Гаврик пробыл в кабинете минут двадцать, после чего начальник был такой довольный, что даже проводил его до двери. И мне кивнул – иди уж, только недолго.
Я подхватила телефон и обрадованно поскакала за Гавриком, не оглянувшись на Антонину, которая, надо думать, в данный момент напоминала кобру, которая попыталась укусить человека за ногу, а там оказался железный протез, так что кобра обломала об него все свои ядовитые зубы.
Путь наш лежал все туда же, в кафе на первом этаже, и Лариса при виде Гаврика уже приветственно махала рукой. Мы сели отдельно от остальных, хотя Ленка Соловьева смотрела на меня во все глаза и уже шептала что-то девчонкам. Но мне было все равно, Гаврик был нужен мне для дела.
Гаврик вернулся со своим ведром для кофе, а мне принес обычную чашку и два сэндвича. Мы очень мило поболтали, пока я собиралась с духом, чтобы попросить его разобраться с паролем.
– Ну, говори уж, – неожиданно сказал он, – тебе опять что-то от меня нужно?
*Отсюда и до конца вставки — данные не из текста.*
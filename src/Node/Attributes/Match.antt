-- ===== src/Node/Attributes/Match.antt =====
-- When a worker has all that a request wants.
use b7s.Common.{
  Bool, true, false, List, [], ◌∷◌, Option, none, some, ◌≡◌, ◌≢◌, ◌⊎◌, ◌↔◌, In, All, arith,
  Bool-cases, Option-cases, inl, inr, if◌then◌else◌, ◌==◌, not, ◌&&◌, refl,
}
use b7s.Common.Text.{Text, text_eq, text_beq_iff}
use b7s.Common.Map.{Map, lookup, insert, has, lookup-insert}
use b7s.Models.{PeerId, Parameter, Attributes}
use b7s.Pbft.Messaging.{is_empty}
use b7s.Node.Attributes.{
  attestor_map, attribute_map, missing_each, found_one_of, check_values, have_attributes,
}

-- The value of the last attribute of a name.
unfoldable pub last_value : Text → List (Text × Text) → Option Text
last_value name [] = none
last_value name ((other, value) ∷ rest) =
    let later = last_value name rest in
    elim later [ some v ↦ some v | none ↦ if other == name then some value else none ]

abbrev or_else : Option Text → Option Text → Option Text
or_else (some v) other = some v
or_else none other = other

lookup-attribute_map :
    (name : Text) (m : Map Text Text) (l : List (Text × Text))
    → lookup name (attribute_map m l) ≡ or_else (last_value name l) (lookup name m)
unfolding attribute_map last_value
lookup-attribute_map name m [] = refl
lookup-attribute_map name m ((other, value) ∷ rest) = elim (Option-cases (last_value name rest)) [
  | inl e ↦ ground (
    arith,
    e,
    lookup-attribute_map name (insert other value m) rest,
    lookup-insert other name value m,
    text_beq_iff other name,
  )
  | inr (v, e) ↦ ground (arith, e, lookup-attribute_map name (insert other value m) rest)
]

has-attestor_map :
    (p : PeerId) (m : Map PeerId (Unit {0})) (l : List PeerId)
    → (has (lookup p (attestor_map m l)) ≡ true) ↔ (In p l ⊎ (has (lookup p m) ≡ true))
unfolding attestor_map
has-attestor_map p m [] = (λ e. inr e, λ c. elim c [ inl i ↦ absurd i | inr e ↦ e ])
has-attestor_map p m (signer ∷ rest) =
    let (to, of) = has-attestor_map p (insert signer tt m) rest in
    (
      λ e. elim (to e) [
        | inl i ↦ inl (inr i)
        | inr f ↦ ground (arith, f, lookup-insert signer p tt m, text_beq_iff signer p)
      ],
      λ c. of (elim c [
        | inl (inl i) ↦ inr (ground (arith, i, lookup-insert signer p tt m, text_beq_iff signer p))
        | inl (inr i) ↦ inl i
        | inr f ↦ inr (ground (arith, f, lookup-insert signer p tt m, text_beq_iff signer p))
      ]),
    )

abbrev signed : List PeerId → PeerId → Bool
signed signers p = has (lookup p (attestor_map [] signers))

signed-In : (signers : List PeerId) (p : PeerId) → (signed signers p ≡ true) ↔ In p signers
unfolding lookup
signed-In signers p =
    let (to, of) = has-attestor_map p [] signers in
    (λ e. elim (to e) [ inl i ↦ i | inr f ↦ absurd (ground (arith, f)) ], λ i. of (inl i))

missing_each-All :
    (signers ps : List PeerId)
    → (missing_each (attestor_map [] signers) ps ≡ false) ↔ All (λ p. In p signers) ps
unfolding missing_each
missing_each-All signers [] = (λ e. tt, λ a. refl)
missing_each-All signers (p ∷ ps) = elim (Bool-cases (signed signers p)) [
  | inl e ↦ rw e (
    λ f. ((signed-In signers p).0 e, (missing_each-All signers ps).0 f),
    λ a. (missing_each-All signers ps).1 a.1,
  )
  | inr e ↦ rw e (
    λ f. absurd (ground (arith, f)),
    λ a. absurd (ground (arith, e, (signed-In signers p).1 a.0)),
  )
]

abbrev pub AnyIn : List PeerId → List PeerId → Type 0
AnyIn signers [] = ⊥
AnyIn signers (p ∷ ps) = In p signers ⊎ AnyIn signers ps

found_one_of-AnyIn :
    (signers ps : List PeerId)
    → (found_one_of (attestor_map [] signers) ps ≡ true) ↔ AnyIn signers ps
unfolding found_one_of
found_one_of-AnyIn signers [] = (λ e. absurd (ground (arith, e)), λ a. absurd a)
found_one_of-AnyIn signers (p ∷ ps) = elim (Bool-cases (signed signers p)) [
  | inl e ↦ rw e (λ f. inl ((signed-In signers p).0 e), λ a. refl)
  | inr e ↦ rw e (
    λ f. inr ((found_one_of-AnyIn signers ps).0 f),
    λ a. elim a [
      | inl i ↦ absurd (ground (arith, e, (signed-In signers p).1 i))
      | inr b ↦ (found_one_of-AnyIn signers ps).1 b
    ],
  )
]

abbrev pub HasValue : List (Text × Text) → Parameter → Type 0
HasValue attributes want = last_value want.name attributes ≡ some want.value

check_values-All :
    (attributes : List (Text × Text)) (wants : List Parameter)
    → (check_values (attribute_map [] attributes) wants ≡ none) ↔ All (HasValue attributes) wants
unfolding check_values lookup
check_values-All attributes [] = (λ e. tt, λ a. refl)
check_values-All attributes (want ∷ wants) =
    let known = lookup-attribute_map want.name [] attributes in
    let (to, of) = check_values-All attributes wants in
    elim (Option-cases (last_value want.name attributes)) [
      | inl e ↦ (λ h. absurd (ground (arith, known, e, h)), λ a. absurd (ground (arith, e, a.0)))
      | inr (v, e) ↦ elim (Bool-cases (v == want.value)) [
        | inl q ↦ (
          λ h. (
            ground (arith, e, q, text_beq_iff v want.value),
            to (ground (arith, known, e, q, h)),
          ),
          λ a. ground (arith, known, e, q, of a.1),
        )
        | inr q ↦ (
          λ h. absurd (ground (arith, known, e, q, h)),
          λ a. absurd (ground (arith, e, q, a.0, text_beq_iff v want.value)),
        )
      ]
    ]

abbrev pub IsMatch : List PeerId → List (Text × Text) → Attributes → Type 0
IsMatch signers attributes want =
    ((want.attestation_required ≡ false) ⊎ (signers ≢ []))
    × All (λ p. In p signers) want.attestors.each
    × ((want.attestors.one_of ≡ []) ⊎ AnyIn signers want.attestors.one_of)
    × All (HasValue attributes) want.values

empty_iff : (ps : List PeerId) → (is_empty ps ≡ true) ↔ (ps ≡ [])
empty_iff [] = (λ e. refl, λ e. refl)
empty_iff (p ∷ ps) = (λ e. absurd (ground (arith, e)), λ e. absurd (ground (arith, e)))

attested_iff :
    (required : Bool) (signers : List PeerId)
    → ((required && is_empty signers) ≡ false) ↔ ((required ≡ false) ⊎ (signers ≢ []))
attested_iff required signers = (
  λ a. elim (Bool-cases required) [
    | inr e ↦ inl e
    | inl e ↦ inr (λ q. absurd (ground (arith, a, e, (empty_iff signers).1 q)))
  ],
  λ c. elim (Bool-cases (is_empty signers)) [
    | inr e ↦ ground (arith, e)
    | inl e ↦ elim c [ inl f ↦ ground (arith, f) | inr n ↦ absurd (n ((empty_iff signers).0 e)) ]
  ],
)

one_found_iff :
    (signers ps : List PeerId)
    → ((not (is_empty ps) && not (found_one_of (attestor_map [] signers) ps)) ≡ false)
      ↔ ((ps ≡ []) ⊎ AnyIn signers ps)
one_found_iff signers ps = (
  λ c. elim (Bool-cases (is_empty ps)) [
    | inl e ↦ inl ((empty_iff ps).0 e)
    | inr e ↦ inr ((found_one_of-AnyIn signers ps).0 (ground (arith, c, e)))
  ],
  λ c. elim c [
    | inl q ↦ ground (arith, (empty_iff ps).1 q)
    | inr a ↦ ground (arith, (found_one_of-AnyIn signers ps).1 a)
  ],
)

-- The checks one after another.
have_attributes_checks :
    (signers : List PeerId) (attributes : List (Text × Text)) (want : Attributes)
    → let attestors = attestor_map [] signers in
      let one_of = want.attestors.one_of in
      (have_attributes signers attributes want ≡ none) ↔ (
        ((want.attestation_required && is_empty signers) ≡ false)
        × (missing_each attestors want.attestors.each ≡ false)
        × ((not (is_empty one_of) && not (found_one_of attestors one_of)) ≡ false)
        × (check_values (attribute_map [] attributes) want.values ≡ none))
unfolding have_attributes
have_attributes_checks signers attributes want = (
  λ h. (ground (arith, h), ground (arith, h), ground (arith, h), ground (arith, h)),
  λ c. ground (arith, c.0, c.1, c.2, c.3),
)

-- A worker accepts a request for its attributes exactly when it has an attestor, if attestation is
-- required, each of the attestors that are asked for, one of those of which one is asked for, if
-- there are any, and each value that is wanted, by the last of its attributes with the name.
pub have_attributes_iff :
    (signers : List PeerId) (attributes : List (Text × Text)) (want : Attributes)
    → (have_attributes signers attributes want ≡ none) ↔ IsMatch signers attributes want
have_attributes_iff signers attributes want =
    let (to, of) = have_attributes_checks signers attributes want in
    let attested = attested_iff want.attestation_required signers in
    let each = missing_each-All signers want.attestors.each in
    let one = one_found_iff signers want.attestors.one_of in
    let values = check_values-All attributes want.values in
    (
      λ h. let c = to h in (attested.0 c.0, each.0 c.1, one.0 c.2, values.0 c.3),
      λ m. of (attested.1 m.0, each.1 m.1, one.1 m.2, values.1 m.3),
    )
– С чего ты взял? – фальшиво удивилась я, но он смотрел, чуть улыбаясь, и взгляд такой спокойный, ласковый.
Что-то со мной случилось, угол в большом зале, отгороженный для кафе, качнулся, мне показалось даже, что чашки у Ларисы за стойкой чуть слышно звякнули.
Потом все встало на место, Гаврик по-прежнему смотрел на меня, и мне вдруг захотелось, чтобы так было не всегда, но достаточно часто. Вот так сидеть напротив друг друга, смотреть в глаза, болтать о пустяках, и так спокойно, и нет никаких неприятностей.